Saved data entries
=====

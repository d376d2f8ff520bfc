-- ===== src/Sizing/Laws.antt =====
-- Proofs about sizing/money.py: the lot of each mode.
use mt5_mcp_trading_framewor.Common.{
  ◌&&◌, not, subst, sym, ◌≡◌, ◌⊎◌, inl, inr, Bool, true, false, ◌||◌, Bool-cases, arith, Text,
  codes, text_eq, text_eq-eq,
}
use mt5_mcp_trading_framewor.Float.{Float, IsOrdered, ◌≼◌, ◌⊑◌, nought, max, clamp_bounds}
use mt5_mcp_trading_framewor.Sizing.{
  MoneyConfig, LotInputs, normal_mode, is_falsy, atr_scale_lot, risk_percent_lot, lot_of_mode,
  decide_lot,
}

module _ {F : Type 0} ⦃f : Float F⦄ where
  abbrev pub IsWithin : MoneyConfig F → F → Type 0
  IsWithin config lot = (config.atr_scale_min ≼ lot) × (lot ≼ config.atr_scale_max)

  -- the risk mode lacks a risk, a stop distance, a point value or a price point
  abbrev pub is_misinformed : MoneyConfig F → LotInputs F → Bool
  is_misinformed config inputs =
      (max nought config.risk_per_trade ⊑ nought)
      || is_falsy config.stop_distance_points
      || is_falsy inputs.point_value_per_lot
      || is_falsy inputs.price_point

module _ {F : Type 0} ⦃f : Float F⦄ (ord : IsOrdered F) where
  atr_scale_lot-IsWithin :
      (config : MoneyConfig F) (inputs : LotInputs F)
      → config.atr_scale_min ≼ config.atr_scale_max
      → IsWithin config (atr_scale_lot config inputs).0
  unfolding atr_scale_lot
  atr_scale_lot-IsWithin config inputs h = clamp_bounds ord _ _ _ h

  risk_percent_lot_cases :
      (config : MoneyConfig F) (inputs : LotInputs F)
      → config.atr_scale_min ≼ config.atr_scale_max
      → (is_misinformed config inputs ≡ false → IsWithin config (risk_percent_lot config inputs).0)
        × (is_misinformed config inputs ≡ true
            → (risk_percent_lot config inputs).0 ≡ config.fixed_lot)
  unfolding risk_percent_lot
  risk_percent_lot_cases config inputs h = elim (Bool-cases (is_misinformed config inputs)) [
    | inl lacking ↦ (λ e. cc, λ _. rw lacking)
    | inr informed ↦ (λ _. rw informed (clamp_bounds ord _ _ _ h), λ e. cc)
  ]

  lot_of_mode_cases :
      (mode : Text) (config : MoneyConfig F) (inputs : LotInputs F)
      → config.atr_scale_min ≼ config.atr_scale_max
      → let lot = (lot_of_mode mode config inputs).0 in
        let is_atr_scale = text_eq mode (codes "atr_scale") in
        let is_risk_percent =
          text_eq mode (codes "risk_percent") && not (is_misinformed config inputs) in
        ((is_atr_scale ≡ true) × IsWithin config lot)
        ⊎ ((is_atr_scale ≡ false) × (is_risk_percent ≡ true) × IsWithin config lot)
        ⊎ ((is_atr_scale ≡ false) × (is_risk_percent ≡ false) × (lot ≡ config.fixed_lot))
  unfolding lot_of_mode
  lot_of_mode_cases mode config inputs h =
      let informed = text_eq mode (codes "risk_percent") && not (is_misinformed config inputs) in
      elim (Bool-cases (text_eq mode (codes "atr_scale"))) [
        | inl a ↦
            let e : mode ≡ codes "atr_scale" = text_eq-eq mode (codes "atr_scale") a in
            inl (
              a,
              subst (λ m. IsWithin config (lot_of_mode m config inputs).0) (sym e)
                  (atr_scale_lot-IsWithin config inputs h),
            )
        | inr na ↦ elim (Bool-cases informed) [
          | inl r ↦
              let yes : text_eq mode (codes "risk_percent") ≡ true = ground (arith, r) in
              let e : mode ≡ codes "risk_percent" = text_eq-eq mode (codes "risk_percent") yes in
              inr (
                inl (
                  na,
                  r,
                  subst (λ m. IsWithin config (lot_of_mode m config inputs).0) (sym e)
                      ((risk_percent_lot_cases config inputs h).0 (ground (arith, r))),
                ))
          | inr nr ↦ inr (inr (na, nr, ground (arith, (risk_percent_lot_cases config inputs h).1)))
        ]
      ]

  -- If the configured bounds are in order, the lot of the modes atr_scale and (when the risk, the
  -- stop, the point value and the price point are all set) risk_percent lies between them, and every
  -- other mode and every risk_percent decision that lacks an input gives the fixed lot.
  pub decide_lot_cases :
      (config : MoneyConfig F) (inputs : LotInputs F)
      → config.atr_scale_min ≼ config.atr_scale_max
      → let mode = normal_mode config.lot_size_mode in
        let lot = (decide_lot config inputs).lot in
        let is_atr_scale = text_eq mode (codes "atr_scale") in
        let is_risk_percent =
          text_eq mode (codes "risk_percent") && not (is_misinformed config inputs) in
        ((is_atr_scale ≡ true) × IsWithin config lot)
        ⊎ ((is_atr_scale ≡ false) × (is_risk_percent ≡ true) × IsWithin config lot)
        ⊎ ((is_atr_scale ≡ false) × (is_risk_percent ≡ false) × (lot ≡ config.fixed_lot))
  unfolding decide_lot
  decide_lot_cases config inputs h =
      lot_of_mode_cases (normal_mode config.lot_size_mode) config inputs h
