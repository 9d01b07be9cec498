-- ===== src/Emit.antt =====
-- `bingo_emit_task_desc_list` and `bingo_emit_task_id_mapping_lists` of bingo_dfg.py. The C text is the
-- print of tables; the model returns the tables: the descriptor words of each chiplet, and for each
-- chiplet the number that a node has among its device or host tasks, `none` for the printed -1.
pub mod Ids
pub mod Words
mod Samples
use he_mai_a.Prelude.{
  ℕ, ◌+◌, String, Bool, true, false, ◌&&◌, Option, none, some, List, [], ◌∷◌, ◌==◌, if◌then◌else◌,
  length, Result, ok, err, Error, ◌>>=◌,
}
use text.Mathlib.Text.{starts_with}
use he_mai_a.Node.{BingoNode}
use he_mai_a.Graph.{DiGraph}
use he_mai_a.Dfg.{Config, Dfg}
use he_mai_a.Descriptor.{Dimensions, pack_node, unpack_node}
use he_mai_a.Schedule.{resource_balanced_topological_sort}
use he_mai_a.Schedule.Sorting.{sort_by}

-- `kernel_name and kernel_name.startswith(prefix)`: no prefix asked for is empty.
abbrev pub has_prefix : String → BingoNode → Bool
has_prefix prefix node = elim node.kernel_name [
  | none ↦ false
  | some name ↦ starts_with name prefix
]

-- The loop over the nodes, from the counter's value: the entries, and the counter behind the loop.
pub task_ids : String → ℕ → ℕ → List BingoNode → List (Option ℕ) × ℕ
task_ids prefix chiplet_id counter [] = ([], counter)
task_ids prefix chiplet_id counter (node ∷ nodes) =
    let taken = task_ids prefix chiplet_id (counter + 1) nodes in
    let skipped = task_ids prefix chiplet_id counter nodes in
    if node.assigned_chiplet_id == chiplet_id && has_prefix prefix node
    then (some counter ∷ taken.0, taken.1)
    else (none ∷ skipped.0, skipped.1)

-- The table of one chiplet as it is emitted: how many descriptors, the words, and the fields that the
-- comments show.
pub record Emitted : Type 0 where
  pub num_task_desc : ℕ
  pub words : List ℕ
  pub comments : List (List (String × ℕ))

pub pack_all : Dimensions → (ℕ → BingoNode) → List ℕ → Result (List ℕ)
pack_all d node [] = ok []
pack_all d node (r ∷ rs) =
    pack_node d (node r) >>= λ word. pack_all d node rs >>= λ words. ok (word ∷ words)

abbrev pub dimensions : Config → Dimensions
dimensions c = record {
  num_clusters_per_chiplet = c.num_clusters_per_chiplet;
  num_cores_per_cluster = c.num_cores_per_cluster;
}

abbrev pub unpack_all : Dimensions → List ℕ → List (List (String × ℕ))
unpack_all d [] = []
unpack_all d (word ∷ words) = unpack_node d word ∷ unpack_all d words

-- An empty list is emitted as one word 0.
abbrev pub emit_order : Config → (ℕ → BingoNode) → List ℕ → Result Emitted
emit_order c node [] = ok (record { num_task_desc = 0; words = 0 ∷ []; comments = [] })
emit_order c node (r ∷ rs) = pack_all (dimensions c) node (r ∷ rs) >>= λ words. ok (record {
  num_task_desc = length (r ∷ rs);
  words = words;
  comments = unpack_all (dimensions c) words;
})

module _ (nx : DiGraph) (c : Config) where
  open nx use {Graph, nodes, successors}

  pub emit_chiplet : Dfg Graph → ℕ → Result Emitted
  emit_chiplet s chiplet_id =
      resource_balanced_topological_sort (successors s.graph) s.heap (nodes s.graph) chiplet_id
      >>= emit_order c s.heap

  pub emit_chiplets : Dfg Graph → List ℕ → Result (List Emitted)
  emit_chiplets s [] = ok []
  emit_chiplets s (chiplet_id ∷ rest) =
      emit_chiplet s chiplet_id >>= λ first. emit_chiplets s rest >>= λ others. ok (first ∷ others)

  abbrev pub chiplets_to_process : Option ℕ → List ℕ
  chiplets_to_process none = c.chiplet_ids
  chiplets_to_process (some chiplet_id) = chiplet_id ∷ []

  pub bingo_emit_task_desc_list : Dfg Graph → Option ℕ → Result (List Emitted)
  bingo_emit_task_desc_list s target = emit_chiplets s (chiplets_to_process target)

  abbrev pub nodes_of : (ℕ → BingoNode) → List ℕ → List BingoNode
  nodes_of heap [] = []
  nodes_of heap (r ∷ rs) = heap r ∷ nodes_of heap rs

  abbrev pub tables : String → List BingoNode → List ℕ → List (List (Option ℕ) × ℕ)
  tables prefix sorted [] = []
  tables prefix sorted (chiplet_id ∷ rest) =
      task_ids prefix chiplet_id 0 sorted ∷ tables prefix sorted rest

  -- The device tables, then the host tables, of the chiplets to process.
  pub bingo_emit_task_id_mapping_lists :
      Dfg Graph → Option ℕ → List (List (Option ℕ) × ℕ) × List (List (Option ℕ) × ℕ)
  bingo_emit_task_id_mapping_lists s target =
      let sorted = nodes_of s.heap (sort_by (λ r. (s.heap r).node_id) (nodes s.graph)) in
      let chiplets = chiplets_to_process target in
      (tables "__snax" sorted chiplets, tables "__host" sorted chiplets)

=====

Task: Look above for the line with "none ↦ false"; retype exactly that line, every line after it up to the line with "pack_all d node (r", and that line too, nothing else.

Solution to this task:
  | none ↦ false
  | some name ↦ starts_with name prefix
]

-- The loop over the nodes, from the counter's value: the entries, and the counter behind the loop.
pub task_ids : String → ℕ → ℕ → List BingoNode → List (Option ℕ) × ℕ
task_ids prefix chiplet_id counter [] = ([], counter)
task_ids prefix chiplet_id counter (node ∷ nodes) =
    let taken = task_ids prefix chiplet_id (counter + 1) nodes in
    let skipped = task_ids prefix chiplet_id counter nodes in
    if node.assigned_chiplet_id == chiplet_id && has_prefix prefix node
    then (some counter ∷ taken.0, taken.1)
    else (none ∷ skipped.0, skipped.1)

-- The table of one chiplet as it is emitted: how many descriptors, the words, and the fields that the
-- comments show.
pub record Emitted : Type 0 where
  pub num_task_desc : ℕ
  pub words : List ℕ
  pub comments : List (List (String × ℕ))

pub pack_all : Dimensions → (ℕ → BingoNode) → List ℕ → Result (List ℕ)
pack_all d node [] = ok []
pack_all d node (r ∷ rs) =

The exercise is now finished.